Aim of the task: Using the data that follows, return exactly the lines from the one that contains "-- The arguments" through the one that contains "unfoldable pub create", ends included.

Input data:
☆ ☆ ☆ ☆ ☆ ☆ ☆

-- ===== src/Postgres/JobSteps.antt =====
-- internal/store/postgres/job_step.go
pub mod Laws
use shipinator.Common.{String, Option, none, some, List, [], ◌∷◌}
use shipinator.Errors.{Error, Result, ok}
use shipinator.Models.{Uuid, Time, JobStep}
use shipinator.Stores.{JobStepStore}
use shipinator.Effects.{Platform}
use shipinator.Postgres.{
  Value, uuid, text, int, time, nullable, Assignment, assign, coalesce, insert, update, Driver,
  scan_uuid, scan_text, scan_int, scan_time, scan_nullable, mismatch, scan_all,
}
use shipinator.Postgres.{◌>>=◌}
use shipinator.Postgres.Helpers.{
  ensure_id, set_default_status, wrap_no_rows_by_id, exec_error, or_wrapped, affected_or_error,
  started_finished_for_status,
}

abbrev pub columns : List String
columns =
    "id" ∷ "job_id" ∷ "name" ∷ "execution_order" ∷ "parallel_group" ∷ "status" ∷ "created_at"
    ∷ "started_at" ∷ "finished_at" ∷ []

-- The arguments of the INSERT, in the order of its columns.
abbrev pub values : JobStep → List Value
values r =
    uuid r.id
    ∷ uuid r.job_id
    ∷ text r.name
    ∷ nullable int r.execution_order
    ∷ nullable text r.parallel_group
    ∷ text r.status
    ∷ time r.created_at
    ∷ nullable time r.started_at
    ∷ nullable time r.finished_at
    ∷ []

-- The targets of `Scan`, in the order of the columns.
abbrev pub scan : List Value → Result JobStep
scan (v0 ∷ v1 ∷ v2 ∷ v3 ∷ v4 ∷ v5 ∷ v6 ∷ v7 ∷ v8 ∷ []) = do
  id ← scan_uuid v0
  job_id ← scan_uuid v1
  name ← scan_text v2
  execution_order ← scan_nullable scan_int v3
  parallel_group ← scan_nullable scan_text v4
  status ← scan_text v5
  created_at ← scan_time v6
  started_at ← scan_nullable scan_time v7
  finished_at ← scan_nullable scan_time v8
  ok (record {
    id = id;
    job_id = job_id;
    name = name;
    execution_order = execution_order;
    parallel_group = parallel_group;
    status = status;
    created_at = created_at;
    started_at = started_at;
    finished_at = finished_at;
  })
scan _ = mismatch

-- The record as `Create` leaves it, given `uuid.New()` and `time.Now()`.
unfoldable pub prepared : Uuid → Time → JobStep → JobStep
unfolding ensure_id set_default_status
prepared fresh now r = record r {
  id = ensure_id fresh r.id;
  status = set_default_status r.status "pending";
  created_at = now;
}

-- The SET clause of `UpdateStatus`.
unfoldable pub status_sets : Time → String → List (String × Assignment)
unfolding started_finished_for_status
status_sets now status =
    let (started_at, finished_at) = started_finished_for_status status now in
    ("status", assign (text status))
    ∷ ("started_at", coalesce (nullable time started_at))
    ∷ ("finished_at", coalesce (nullable time finished_at))
    ∷ []

module _ (p : Platform) (d : Driver) where
  open d use {Db, exec, query_row, query}

  -- The new state, the record as the caller then has it, and the error.
  unfoldable pub create : Uuid → Time → JobStep → Db → Db × JobStep × Option Error
  unfolding prepared
  create fresh now r db =
      let r' = prepared fresh now r in
      let (db', result) = exec (insert "job_steps" columns (values r')) db in
      (db', r', exec_error result)

  unfoldable pub get_by_id : Uuid → Db → Result JobStep
  unfolding wrap_no_rows_by_id
  get_by_id id db = or_wrapped (wrap_no_rows_by_id p "job step" id) (
      query_row
        (record {
          columns = columns;
          table = "job_steps";
          rows = some ("id", uuid id);
          order = none;
        })
        db
      >>= scan)

  unfoldable pub list_by_job : Uuid → Db → Result (List JobStep)
  unfolding scan_all
  list_by_job key db =
      query
        (record {
          columns = columns;
          table = "job_steps";
          rows = some ("job_id", uuid key);
          order = some "created_at";
        })
        db
      >>= scan_all scan

  -- `UpdateStatus`, with `time.Now()` as an argument.
  unfoldable pub update_status : Time → Uuid → String → Db → Db × Option Error
  unfolding affected_or_error status_sets
  update_status now id status db =
      let (db', result) = exec (update "job_steps" (status_sets now status) ("id", uuid id)) db in
      (db', affected_or_error p "job step" id result)

  abbrev pub new_job_step_store : JobStepStore Db
  new_job_step_store = record {
    create = create;
    get_by_id = get_by_id;
    list_by_job = list_by_job;
    update_status = update_status;
  }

☆ ☆ ☆ ☆ ☆ ☆ ☆

Result of this exercise:
-- The arguments of the INSERT, in the order of its columns.
abbrev pub values : JobStep → List Value
values r =
    uuid r.id
    ∷ uuid r.job_id
    ∷ text r.name
    ∷ nullable int r.execution_order
    ∷ nullable text r.parallel_group
    ∷ text r.status
    ∷ time r.created_at
    ∷ nullable time r.started_at
    ∷ nullable time r.finished_at
    ∷ []

-- The targets of `Scan`, in the order of the columns.
abbrev pub scan : List Value → Result JobStep
scan (v0 ∷ v1 ∷ v2 ∷ v3 ∷ v4 ∷ v5 ∷ v6 ∷ v7 ∷ v8 ∷ []) = do
  id ← scan_uuid v0
  job_id ← scan_uuid v1
  name ← scan_text v2
  execution_order ← scan_nullable scan_int v3
  parallel_group ← scan_nullable scan_text v4
  status ← scan_text v5
  created_at ← scan_time v6
  started_at ← scan_nullable scan_time v7
  finished_at ← scan_nullable scan_time v8
  ok (record {
    id = id;
    job_id = job_id;
    name = name;
    execution_order = execution_order;
    parallel_group = parallel_group;
    status = status;
    created_at = created_at;
    started_at = started_at;
    finished_at = finished_at;
  })
scan _ = mismatch

-- The record as `Create` leaves it, given `uuid.New()` and `time.Now()`.
unfoldable pub prepared : Uuid → Time → JobStep → JobStep
unfolding ensure_id set_default_status
prepared fresh now r = record r {
  id = ensure_id fresh r.id;
  status = set_default_status r.status "pending";
  created_at = now;
}

-- The SET clause of `UpdateStatus`.
unfoldable pub status_sets : Time → String → List (String × Assignment)
unfolding started_finished_for_status
status_sets now status =
    let (started_at, finished_at) = started_finished_for_status status now in
    ("status", assign (text status))
    ∷ ("started_at", coalesce (nullable time started_at))
    ∷ ("finished_at", coalesce (nullable time finished_at))
    ∷ []

module _ (p : Platform) (d : Driver) where
  open d use {Db, exec, query_row, query}

  -- The new state, the record as the caller then has it, and the error.
  unfoldable pub create : Uuid → Time → JobStep → Db → Db × JobStep × Option Error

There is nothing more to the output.